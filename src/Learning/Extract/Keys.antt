-- ===== src/Learning/Extract/Keys.antt =====
-- The map of `ExtractSpans` has one observation for each key, whatever the order of the range.
use enzo.Prelude.{
  same_bytes_flip, same_bytes→≡, ◌≡◌, refl, sym, ap, ◌∙◌, true, false, Bool-cases, inl, inr, ℕ,
  some, List, [], ◌∷◌, arith, Bytes, if◌then◌else◌, All, Pairwise, Shuffle, Shuffle-Pairwise, empty,
  keep, swap, chain,
}
use enzo.State.Agreement.{SpanObservation}
use enzo.Learning.Extract.{Round, new_observation, has_key, observe_round, observe_rounds}
use enzo.Learning.Extract.Counted.{find}

-- Two observations with different keys.
abbrev pub Differ : SpanObservation → SpanObservation → Type 0
Differ o p = has_key o.const_a o.const_b p ≡ false

Differ-flip : (o p : SpanObservation) → Differ o p → Differ p o
Differ-flip o p h =
    ground (arith, h, same_bytes_flip o.const_a p.const_a, same_bytes_flip o.const_b p.const_b)

-- Observations with one key are not two of the map.
Differ-key :
    (a z : Bytes) (o p : SpanObservation)
    → has_key a z o ≡ true
    → has_key a z p ≡ true
    → Differ o p
    → true ≡ false
Differ-key a z o p at_o at_p h =
    let same_a : a ≡ o.const_a = same_bytes→≡ a o.const_a (ground (arith, at_o)) in
    let same_z : z ≡ o.const_b = same_bytes→≡ z o.const_b (ground (arith, at_o)) in
    let at : has_key o.const_a o.const_b p ≡ true = rw (← same_a, ← same_z) at_p in sym at ∙ h

observe_round-All :
    (offset : ℕ) (r : Round) (o : SpanObservation) (obs : List SpanObservation)
    → Differ o (new_observation offset r)
    → All (Differ o) obs
    → All (Differ o) (observe_round offset r obs)
unfolding observe_round
observe_round-All offset r o [] new h = (new, tt)
observe_round-All offset r o (p ∷ obs) new h = elim (Bool-cases (has_key r.const_a r.const_b p)) [
  | inl at ↦ rw (observe_round, at) (h.0, h.1)
  | inr not_at ↦ rw (observe_round, not_at) (h.0, observe_round-All offset r o obs new h.1)
]

observe_round-Differ :
    (offset : ℕ) (r : Round) (obs : List SpanObservation)
    → Pairwise Differ obs
    → Pairwise Differ (observe_round offset r obs)
unfolding observe_round
observe_round-Differ offset r [] h = (tt, tt)
observe_round-Differ offset r (o ∷ obs) h = elim (Bool-cases (has_key r.const_a r.const_b o)) [
  | inl at ↦ rw (observe_round, at) (h.0, h.1)
  | inr not_at ↦
      rw (observe_round, not_at)
        (
          observe_round-All offset r o obs (Differ-flip (new_observation offset r) o not_at) h.0,
          observe_round-Differ offset r obs h.1,
        )
]

pub observe_rounds-Differ :
    (offset : ℕ) (rs : List Round) (obs : List SpanObservation)
    → Pairwise Differ obs
    → Pairwise Differ (observe_rounds offset rs obs)
unfolding observe_rounds
observe_rounds-Differ offset [] obs h = h
observe_rounds-Differ offset (r ∷ rs) obs h =
    observe_rounds-Differ offset rs (observe_round offset r obs)
      (observe_round-Differ offset r obs h)

pub find-Shuffle :
    (a z : Bytes) {xs ys : List SpanObservation}
    → Shuffle xs ys
    → Pairwise Differ ys
    → find a z xs ≡ find a z ys
find-Shuffle a z empty h = refl
find-Shuffle a z (keep x p) h =
    ap (λ f. if has_key a z x then some x else f) (find-Shuffle a z p h.1)
find-Shuffle a z (swap x y xs) h = ground (arith, Differ-key a z y x, h.0.0)
find-Shuffle a z (chain {ys} p q) h =
    find-Shuffle a z p (Shuffle-Pairwise Differ Differ-flip q h) ∙ find-Shuffle a z q h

------------------------------------------------

» Brief
Whenever the string "false" turns up in a line above, copy that line out.

» Exercise solution
  same_bytes_flip, same_bytes→≡, ◌≡◌, refl, sym, ap, ◌∙◌, true, false, Bool-cases, inl, inr, ℕ,
Differ o p = has_key o.const_a o.const_b p ≡ false
    → true ≡ false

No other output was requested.